#### DIRECTIONS:
Take the line that contains "inr given ↦" as the first and the last line of the material as the final one; set down exactly the lines in that span.

#### DATA FOR REVIEW:
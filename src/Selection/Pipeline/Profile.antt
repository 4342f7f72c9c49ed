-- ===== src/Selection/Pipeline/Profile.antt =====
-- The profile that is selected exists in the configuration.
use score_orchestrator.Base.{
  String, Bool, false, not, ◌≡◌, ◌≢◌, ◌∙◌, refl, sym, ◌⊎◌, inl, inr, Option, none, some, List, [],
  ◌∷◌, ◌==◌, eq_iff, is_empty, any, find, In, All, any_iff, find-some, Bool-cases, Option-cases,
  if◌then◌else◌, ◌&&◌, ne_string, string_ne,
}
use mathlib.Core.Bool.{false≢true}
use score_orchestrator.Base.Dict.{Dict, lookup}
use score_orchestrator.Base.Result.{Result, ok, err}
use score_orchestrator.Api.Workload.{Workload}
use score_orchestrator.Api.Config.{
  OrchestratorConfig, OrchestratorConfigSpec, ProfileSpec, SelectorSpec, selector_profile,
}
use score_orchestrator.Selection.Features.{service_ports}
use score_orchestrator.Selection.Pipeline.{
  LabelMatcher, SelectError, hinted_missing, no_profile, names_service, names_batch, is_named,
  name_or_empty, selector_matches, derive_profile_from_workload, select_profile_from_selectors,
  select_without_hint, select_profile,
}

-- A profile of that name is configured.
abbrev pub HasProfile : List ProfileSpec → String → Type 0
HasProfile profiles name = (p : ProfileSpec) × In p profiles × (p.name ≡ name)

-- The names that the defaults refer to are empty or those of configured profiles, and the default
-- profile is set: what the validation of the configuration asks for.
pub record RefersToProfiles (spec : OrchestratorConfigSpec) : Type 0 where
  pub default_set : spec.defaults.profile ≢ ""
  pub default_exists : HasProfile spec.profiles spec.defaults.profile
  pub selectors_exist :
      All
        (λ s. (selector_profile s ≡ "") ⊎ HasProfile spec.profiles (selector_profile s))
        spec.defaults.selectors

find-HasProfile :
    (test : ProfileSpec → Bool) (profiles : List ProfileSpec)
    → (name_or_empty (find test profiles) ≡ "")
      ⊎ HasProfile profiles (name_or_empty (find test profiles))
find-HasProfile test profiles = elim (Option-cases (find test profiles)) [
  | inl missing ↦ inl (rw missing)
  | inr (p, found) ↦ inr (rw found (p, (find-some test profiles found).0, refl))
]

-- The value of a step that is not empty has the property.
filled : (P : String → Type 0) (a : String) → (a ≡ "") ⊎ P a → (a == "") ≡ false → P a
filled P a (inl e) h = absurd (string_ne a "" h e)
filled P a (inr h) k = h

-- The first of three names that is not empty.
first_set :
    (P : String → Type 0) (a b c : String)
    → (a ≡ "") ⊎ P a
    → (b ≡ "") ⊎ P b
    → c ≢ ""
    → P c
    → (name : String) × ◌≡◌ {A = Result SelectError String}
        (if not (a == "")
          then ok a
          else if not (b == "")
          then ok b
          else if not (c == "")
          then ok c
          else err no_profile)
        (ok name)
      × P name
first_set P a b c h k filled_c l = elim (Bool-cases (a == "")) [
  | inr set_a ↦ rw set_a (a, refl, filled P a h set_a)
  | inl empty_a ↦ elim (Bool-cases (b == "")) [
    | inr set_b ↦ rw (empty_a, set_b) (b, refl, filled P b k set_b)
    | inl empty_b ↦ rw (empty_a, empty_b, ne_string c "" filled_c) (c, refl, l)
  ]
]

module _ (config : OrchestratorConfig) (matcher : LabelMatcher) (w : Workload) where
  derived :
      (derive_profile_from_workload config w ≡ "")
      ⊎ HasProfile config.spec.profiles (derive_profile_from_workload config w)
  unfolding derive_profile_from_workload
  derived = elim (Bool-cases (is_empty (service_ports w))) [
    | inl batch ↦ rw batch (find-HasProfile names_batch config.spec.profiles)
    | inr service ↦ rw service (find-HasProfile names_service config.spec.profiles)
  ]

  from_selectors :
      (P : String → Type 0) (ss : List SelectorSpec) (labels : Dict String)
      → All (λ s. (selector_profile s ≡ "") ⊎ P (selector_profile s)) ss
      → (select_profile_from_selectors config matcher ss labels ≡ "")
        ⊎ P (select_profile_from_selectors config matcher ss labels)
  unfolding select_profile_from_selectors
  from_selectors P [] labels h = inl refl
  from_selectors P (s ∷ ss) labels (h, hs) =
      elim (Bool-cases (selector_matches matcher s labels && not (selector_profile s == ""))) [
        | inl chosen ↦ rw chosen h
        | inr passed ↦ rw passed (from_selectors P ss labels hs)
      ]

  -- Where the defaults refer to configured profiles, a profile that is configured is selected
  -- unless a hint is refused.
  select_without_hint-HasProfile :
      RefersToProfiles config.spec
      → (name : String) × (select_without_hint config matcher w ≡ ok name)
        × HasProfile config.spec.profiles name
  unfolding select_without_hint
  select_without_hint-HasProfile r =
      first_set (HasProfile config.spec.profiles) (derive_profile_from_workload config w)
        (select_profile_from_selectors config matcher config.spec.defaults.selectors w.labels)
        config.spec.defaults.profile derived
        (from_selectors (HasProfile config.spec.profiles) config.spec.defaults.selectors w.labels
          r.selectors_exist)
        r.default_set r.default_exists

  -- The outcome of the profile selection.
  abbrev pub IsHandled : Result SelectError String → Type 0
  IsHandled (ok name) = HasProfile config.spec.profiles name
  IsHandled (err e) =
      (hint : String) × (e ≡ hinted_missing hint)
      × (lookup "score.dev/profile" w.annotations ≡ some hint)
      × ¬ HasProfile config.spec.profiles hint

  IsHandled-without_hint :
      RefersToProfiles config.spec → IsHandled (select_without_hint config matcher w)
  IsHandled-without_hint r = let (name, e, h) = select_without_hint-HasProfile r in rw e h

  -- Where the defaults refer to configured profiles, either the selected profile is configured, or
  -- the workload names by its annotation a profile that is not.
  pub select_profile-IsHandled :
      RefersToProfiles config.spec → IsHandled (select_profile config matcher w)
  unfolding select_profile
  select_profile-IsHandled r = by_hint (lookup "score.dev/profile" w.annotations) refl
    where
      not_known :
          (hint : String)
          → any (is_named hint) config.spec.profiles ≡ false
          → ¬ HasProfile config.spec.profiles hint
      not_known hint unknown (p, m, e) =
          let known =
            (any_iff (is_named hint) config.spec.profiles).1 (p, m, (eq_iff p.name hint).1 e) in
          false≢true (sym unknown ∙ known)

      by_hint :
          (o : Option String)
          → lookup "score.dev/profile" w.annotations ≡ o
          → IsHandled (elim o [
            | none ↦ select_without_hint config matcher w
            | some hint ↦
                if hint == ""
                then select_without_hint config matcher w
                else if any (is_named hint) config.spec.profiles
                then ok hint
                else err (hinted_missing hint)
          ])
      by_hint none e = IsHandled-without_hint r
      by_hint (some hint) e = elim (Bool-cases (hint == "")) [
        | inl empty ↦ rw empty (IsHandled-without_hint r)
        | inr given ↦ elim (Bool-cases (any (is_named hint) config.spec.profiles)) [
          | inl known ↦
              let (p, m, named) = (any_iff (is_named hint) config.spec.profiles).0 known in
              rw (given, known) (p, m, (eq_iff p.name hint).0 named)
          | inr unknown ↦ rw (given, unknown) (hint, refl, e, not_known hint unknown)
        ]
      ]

#### SOLUTION TO THIS PROBLEM:
        | inr given ↦ elim (Bool-cases (any (is_named hint) config.spec.profiles)) [
          | inl known ↦
              let (p, m, named) = (any_iff (is_named hint) config.spec.profiles).0 known in
              rw (given, known) (p, m, (eq_iff p.name hint).0 named)
          | inr unknown ↦ rw (given, unknown) (hint, refl, e, not_known hint unknown)
        ]
      ]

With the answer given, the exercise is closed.